TASK INSTRUCTIONS - Before you finish, make sure each line of the records has been retyped exactly.

INPUT MATERIAL -
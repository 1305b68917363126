-- ===== src/Controller.antt =====
-- pkg/controller/controller.go
pub mod Worker
pub mod Sync
pub mod Effects
pub mod Keeping
pub mod Wanted
pub mod Converge
pub mod Settled
pub mod Wiring
use k8s_athenz_syncer.Common.{
  ℕ, Bool, true, false, not, ◌&&◌, ◌||◌, Option, none, some, List, [], ◌∷◌, ◌++◌, Bytes, codes,
  bytes_eq, nat_eq, ◌==◌, if◌then◌else◌, is_some, is_empty, ltb,
}
use k8s_athenz_syncer.Go.{Go, ret, panic, items, deref}
use k8s_athenz_syncer.Go
use k8s_athenz_syncer.Zms.{Role, DomainData, SignedDomain}
use k8s_athenz_syncer.Util.{
  Util, domain_to_namespace, namespace_to_domain, is_admin_domain, is_namespace_excluded,
  filter_msd_rules,
}
use k8s_athenz_syncer.WorkQueue.{WorkQueue, Key, name, other}
use k8s_athenz_syncer.Cluster.{
  GoError, resource_error, message, wrapped, Result, ok, err, AthenzDomain, AthenzDomainSpec,
  Caches, Server, ZmsRequest, SignedDomains, ZmsAnswer, answered, failed,
}
use k8s_athenz_syncer.World.{World, M, continue, ◌>>=◌, ◌>>◌, done, lift, enqueue}
use k8s_athenz_syncer.CrUtil.{
  Found, get_cr_by_name, create_update_athenz_domain, remove_athenz_domain, update_error_status,
  get_latest_timestamp,
}
use k8s_athenz_syncer.Cron.{validate_domain, set_etag, add_admin_system_domains}

abbrev pub worker_queue_retry : ℕ
worker_queue_retry = 3

-- What zmsGetSignedDomains returns.
pub record Fetched : Type 0 where
  pub result : Option SignedDomains
  pub exist : Bool
  pub error : Option GoError

pub filter_domains : Util → List (Option SignedDomain) → Go (List (Option SignedDomain))
filter_domains u [] = ret []
filter_domains u (none ∷ rest) = panic
filter_domains u (some signed ∷ rest) = Go.◌>>=◌ (filter_msd_rules u signed.domain) λ domain.
    Go.◌>>=◌ (filter_domains u rest)
      λ filtered. ret (some (record signed { domain = domain }) ∷ filtered)

fetch : Util → ZmsAnswer → Go Fetched
unfolding filter_domains
fetch u (failed e) = ret (record { result = none; exist = false; error = some e })
fetch u (answered found etag) = Go.◌>>=◌ (deref found) λ signed_domain.
    if is_empty (items signed_domain.domains)
    then ret (record { result = none; exist = false; error = none })
    else Go.◌>>=◌ (filter_domains u (items signed_domain.domains)) λ filtered.
      ret
        (record { result = some (record { domains = some filtered }); exist = true; error = none })

unfoldable pub zms_get_signed_domains : Util → (ZmsRequest → ZmsAnswer) → Bytes → Go Fetched
unfolding fetch
zms_get_signed_domains u zms domain =
    fetch u (zms (record { domain = domain; meta_only = []; matching_tag = [] }))

-- The conditions under which the trust domain of a role of the domain enters the queue.
unfoldable pub wants_trust : Util → Caches → Bytes → Role → Bool
wants_trust u caches domain role =
    not (role.trust == [])
    && not (role.trust == domain)
    && not (is_some (caches.cr_by_key role.trust))
    && (is_some (caches.ns_by_key (domain_to_namespace u domain)) || is_admin_domain u domain)

module _ {q : WorkQueue} (copy : AthenzDomainSpec → Option AthenzDomainSpec) (u : Util)
    (caches : Caches) (server : Server) where
  unfoldable pub add_trusts : Bytes → List (Option Role) → M q (Unit {0})
  add_trusts domain [] = done tt
  add_trusts domain (none ∷ rest) = add_trusts domain rest
  add_trusts domain (some role ∷ rest) = do
    if wants_trust u caches domain role then enqueue role.trust else done tt
    add_trusts domain rest

  -- After CreateUpdateAthenzDomain: an error ends the loop.
  after_write :
      Bytes
      → DomainData
      → M q (Option GoError)
      → Result (Option AthenzDomain)
      → M q (Option GoError)
  after_write domain domain_data next (err e) =
      done (some (wrapped (codes "Error occurred when creating AthenzDomain custom resources") e))
  after_write domain domain_data next (ok cr) = do add_trusts domain (items domain_data.roles); next

  -- The loop over the fetched domains.
  unfoldable pub sync_domains : Bytes → List (Option SignedDomain) → M q (Option GoError)
  unfolding after_write
  sync_domains domain [] = done none
  sync_domains domain (fetched ∷ rest) =
      let next = sync_domains domain rest in
      do
        signed ← lift (deref fetched)
        domain_data ← lift (deref signed.domain)
        if domain_data.name == domain
            then (do
              written ← create_update_athenz_domain copy caches server domain (some signed)
              after_write domain domain_data next written)
            else next

  -- ZMS failed with something else than 404. The `err` of GetCRByName hides the one of ZMS: it is nil
  -- where it is asked for its text, and nil where it is returned.
  keep_resource : Found → M q (Option GoError)
  keep_resource found = elim found.error [
    | some e ↦ done (some e)
    | none ↦ if found.exist then lift panic else done none
  ]

  sync_failed : Bytes → GoError → M q (Option GoError)
  unfolding keep_resource
  sync_failed domain (resource_error code text) =
      if code == 404
      then remove_athenz_domain caches server domain
      else keep_resource (get_cr_by_name caches domain)
  sync_failed domain _ = done (some (message (codes "Error occurred when converting error types")))

  sync_fetched : Bytes → Fetched → M q (Option GoError)
  unfolding sync_failed
  sync_fetched domain fetched = elim fetched.error [
    | some e ↦ sync_failed domain e
    | none ↦
        if not fetched.exist
        then remove_athenz_domain caches server domain
        else (do result ← lift (deref fetched.result); sync_domains domain (items result.domains))
  ]

  unfoldable pub sync : (ZmsRequest → ZmsAnswer) → Bytes → M q (Option GoError)
  unfolding sync_fetched
  sync zms domain =
      if not (validate_domain u caches domain)
      then remove_athenz_domain caches server domain
      else (do fetched ← lift (zms_get_signed_domains u zms domain); sync_fetched domain fetched)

SOLUTION TO THIS PROBLEM -
repository 1305b68917363126
-- ===== src/Controller.antt =====
-- pkg/controller/controller.go
pub mod Worker
pub mod Sync
pub mod Effects
pub mod Keeping
pub mod Wanted
pub mod Converge
pub mod Settled
pub mod Wiring
use k8s_athenz_syncer.Common.{
  ℕ, Bool, true, false, not, ◌&&◌, ◌||◌, Option, none, some, List, [], ◌∷◌, ◌++◌, Bytes, codes,
  bytes_eq, nat_eq, ◌==◌, if◌then◌else◌, is_some, is_empty, ltb,
}
use k8s_athenz_syncer.Go.{Go, ret, panic, items, deref}
use k8s_athenz_syncer.Go
use k8s_athenz_syncer.Zms.{Role, DomainData, SignedDomain}
use k8s_athenz_syncer.Util.{
  Util, domain_to_namespace, namespace_to_domain, is_admin_domain, is_namespace_excluded,
  filter_msd_rules,
}
use k8s_athenz_syncer.WorkQueue.{WorkQueue, Key, name, other}
use k8s_athenz_syncer.Cluster.{
  GoError, resource_error, message, wrapped, Result, ok, err, AthenzDomain, AthenzDomainSpec,
  Caches, Server, ZmsRequest, SignedDomains, ZmsAnswer, answered, failed,
}
use k8s_athenz_syncer.World.{World, M, continue, ◌>>=◌, ◌>>◌, done, lift, enqueue}
use k8s_athenz_syncer.CrUtil.{
  Found, get_cr_by_name, create_update_athenz_domain, remove_athenz_domain, update_error_status,
  get_latest_timestamp,
}
use k8s_athenz_syncer.Cron.{validate_domain, set_etag, add_admin_system_domains}

abbrev pub worker_queue_retry : ℕ
worker_queue_retry = 3

-- What zmsGetSignedDomains returns.
pub record Fetched : Type 0 where
  pub result : Option SignedDomains
  pub exist : Bool
  pub error : Option GoError

pub filter_domains : Util → List (Option SignedDomain) → Go (List (Option SignedDomain))
filter_domains u [] = ret []
filter_domains u (none ∷ rest) = panic
filter_domains u (some signed ∷ rest) = Go.◌>>=◌ (filter_msd_rules u signed.domain) λ domain.
    Go.◌>>=◌ (filter_domains u rest)
      λ filtered. ret (some (record signed { domain = domain }) ∷ filtered)

fetch : Util → ZmsAnswer → Go Fetched
unfolding filter_domains
fetch u (failed e) = ret (record { result = none; exist = false; error = some e })
fetch u (answered found etag) = Go.◌>>=◌ (deref found) λ signed_domain.
    if is_empty (items signed_domain.domains)
    then ret (record { result = none; exist = false; error = none })
    else Go.◌>>=◌ (filter_domains u (items signed_domain.domains)) λ filtered.
      ret
        (record { result = some (record { domains = some filtered }); exist = true; error = none })

unfoldable pub zms_get_signed_domains : Util → (ZmsRequest → ZmsAnswer) → Bytes → Go Fetched
unfolding fetch
zms_get_signed_domains u zms domain =
    fetch u (zms (record { domain = domain; meta_only = []; matching_tag = [] }))

-- The conditions under which the trust domain of a role of the domain enters the queue.
unfoldable pub wants_trust : Util → Caches → Bytes → Role → Bool
wants_trust u caches domain role =
    not (role.trust == [])
    && not (role.trust == domain)
    && not (is_some (caches.cr_by_key role.trust))
    && (is_some (caches.ns_by_key (domain_to_namespace u domain)) || is_admin_domain u domain)

module _ {q : WorkQueue} (copy : AthenzDomainSpec → Option AthenzDomainSpec) (u : Util)
    (caches : Caches) (server : Server) where
  unfoldable pub add_trusts : Bytes → List (Option Role) → M q (Unit {0})
  add_trusts domain [] = done tt
  add_trusts domain (none ∷ rest) = add_trusts domain rest
  add_trusts domain (some role ∷ rest) = do
    if wants_trust u caches domain role then enqueue role.trust else done tt
    add_trusts domain rest

  -- After CreateUpdateAthenzDomain: an error ends the loop.
  after_write :
      Bytes
      → DomainData
      → M q (Option GoError)
      → Result (Option AthenzDomain)
      → M q (Option GoError)
  after_write domain domain_data next (err e) =
      done (some (wrapped (codes "Error occurred when creating AthenzDomain custom resources") e))
  after_write domain domain_data next (ok cr) = do add_trusts domain (items domain_data.roles); next

  -- The loop over the fetched domains.
  unfoldable pub sync_domains : Bytes → List (Option SignedDomain) → M q (Option GoError)
  unfolding after_write
  sync_domains domain [] = done none
  sync_domains domain (fetched ∷ rest) =
      let next = sync_domains domain rest in
      do
        signed ← lift (deref fetched)
        domain_data ← lift (deref signed.domain)
        if domain_data.name == domain
            then (do
              written ← create_update_athenz_domain copy caches server domain (some signed)
              after_write domain domain_data next written)
            else next

  -- ZMS failed with something else than 404. The `err` of GetCRByName hides the one of ZMS: it is nil
  -- where it is asked for its text, and nil where it is returned.
  keep_resource : Found → M q (Option GoError)
  keep_resource found = elim found.error [
    | some e ↦ done (some e)
    | none ↦ if found.exist then lift panic else done none
  ]

  sync_failed : Bytes → GoError → M q (Option GoError)
  unfolding keep_resource
  sync_failed domain (resource_error code text) =
      if code == 404
      then remove_athenz_domain caches server domain
      else keep_resource (get_cr_by_name caches domain)
  sync_failed domain _ = done (some (message (codes "Error occurred when converting error types")))

  sync_fetched : Bytes → Fetched → M q (Option GoError)
  unfolding sync_failed
  sync_fetched domain fetched = elim fetched.error [
    | some e ↦ sync_failed domain e
    | none ↦
        if not fetched.exist
        then remove_athenz_domain caches server domain
        else (do result ← lift (deref fetched.result); sync_domains domain (items result.domains))
  ]

  unfoldable pub sync : (ZmsRequest → ZmsAnswer) → Bytes → M q (Option GoError)
  unfolding sync_fetched
  sync zms domain =
      if not (validate_domain u caches domain)
      then remove_athenz_domain caches server domain
      else (do fetched ← lift (zms_get_signed_domains u zms domain); sync_fetched domain fetched)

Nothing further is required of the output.